My friend and former professor Bob McElvaine is also keen on Obama's potenital appeal as a Democratic Presidential candidate (An Obama Presidency for Lincoln’s Two-Hundredth Birthday History News Network 09/25/06)

He writes:

The last thing our nation needs in 2008 is another 50-50 election of bitter red/blue division. What America needs is a leader who practices the politics of multiplication rather than division. ...

Given the racial history of our nation, the proposition that a black man could win decisively and bring much of the nation together seems preposterous. But Sen. Obama has proven himself to be a unifier. His is a quintessentially American biography. The child of an immigrant father and an American-born mother, Sen. Obama believes in the American Dream because he has lived it. Diversity is what America is all about, and he is diversity.

Most successful politicians in recent years have sought to widen chasms; Barack Obama seeks to build bridges across them. He speaks of "a politics of hope instead of a politics of fear."
Count me for now as an Obama skeptic. His great appeal seems to be this unifying image he projects. But national unity is a greatly overrated quality. What I mean is that, first of all, democratic elections are and should be about choice. National unity in a Presidential election should mean that the elections are decided in a transparent way based on an honest count of votes. Votes of the voters, that is, not five votes on the Supremem Court.

National unity means that after the Presidential election the losing side accepts the results as legitimate and doesn't try to overthrow the government by illegal means. Preferably, it would also mean that there wouldn't be fist fights in the national legislature afterward, the way there was in the Mexican Parliament yesterday.

But in Mexico's case, many of the "left" candidate's supporters were strongly convinced the election was stolen. When you look at the mass protests, and even the passions in the parliament yesterday, can we honestly say that the American people in 2000 showed as much commitment to democracy as the Mexicans have the last several months? Or more specifically, is the United States really better off, is our democratic and Constitutional system more secure today, because the Democrats were so agreeable and conciliatory about seeking national unity and "closure" after the Scalia Five handed the election to Cheney and Bush?

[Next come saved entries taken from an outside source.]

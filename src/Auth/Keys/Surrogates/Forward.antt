-- ===== src/Auth/Keys/Surrogates/Forward.antt =====
-- The scanner without its look back: one flag tells an escaped byte.
use miakapp_server.Auth.Keys.Surrogates.{round, is_odd, backslash, scan, run_of_backslashes}
use miakapp_server.Prelude.{
  ℕ, zero, suc, ◌≡◌, refl, inl, inr, Bool, true, false, not, ◌&&◌, none, some, [], ◌∷◌, arith,
  nat_beq, Option-cases, nat_eq,
}
use miakapp_server.Text.{Text}

-- The same loop, with a flag in place of the count of the backslashes before the cursor.
unfoldable pub scan_forward : Bool → ℕ → Bool → Text → Bool
scan_forward escaped skip in_string [] = true
scan_forward escaped (suc skip) in_string (c ∷ rest) =
    scan_forward (nat_beq c backslash && not escaped) skip in_string rest
scan_forward escaped zero in_string (c ∷ rest) = elim (round escaped in_string c rest) [
  | none ↦ false
  | some (skip, inside) ↦ scan_forward (nat_beq c backslash && not escaped) skip inside rest
]

odd-run :
    (c : ℕ) (before : Text)
    → is_odd (run_of_backslashes (c ∷ before))
      ≡ (nat_beq c backslash && not (is_odd (run_of_backslashes before)))
unfolding run_of_backslashes
odd-run c before = ground arith

pub scan-eq-scan_forward :
    (rest before : Text) (skip : ℕ) (in_string : Bool)
    → scan before skip in_string rest
      ≡ scan_forward (is_odd (run_of_backslashes before)) skip in_string rest
unfolding scan scan_forward
scan-eq-scan_forward [] before skip s = refl
scan-eq-scan_forward (c ∷ rest) before (suc skip) s =
    ground (arith, scan-eq-scan_forward rest (c ∷ before) skip s, odd-run c before)
scan-eq-scan_forward (c ∷ rest) before zero s =
    elim (Option-cases (round (is_odd (run_of_backslashes before)) s c rest)) [
      | inl e ↦ ground (arith, e)
      | inr ((skip, inside), e) ↦
          ground (arith, e, scan-eq-scan_forward rest (c ∷ before) skip inside, odd-run c before)
    ]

You can see where I'm going with this. It's one thing to have principled positions combined with a pragmatic ability to cut deal to get important things done, and not let the ideal be the enemy of what can really be accomplished. Think of Lyndon Johnson's career commitment to civil rights.

But Obama's position seems to make compromising the center of his whole appeal. I'd much prefer Democratic leaders who establish that they have a position on important issues that someone might want to compromise over.

What really made me initially an Obama skeptic was his "process" statements about making religion more a part of Democratic appeals. As many liberal bloggers like Atrios have been saying, if you think the Democrats need to "talk more about" something or "articulate a more clear position", then talk about it or articulate a position. Because when you say things along the lines of, "Democrats need to convince the voters that we respect people of faith", that's less a Democratic position than it is an echo of phony Republican accusation that Dems don't respect "people of faith". And that's been the tack he's taken all too often.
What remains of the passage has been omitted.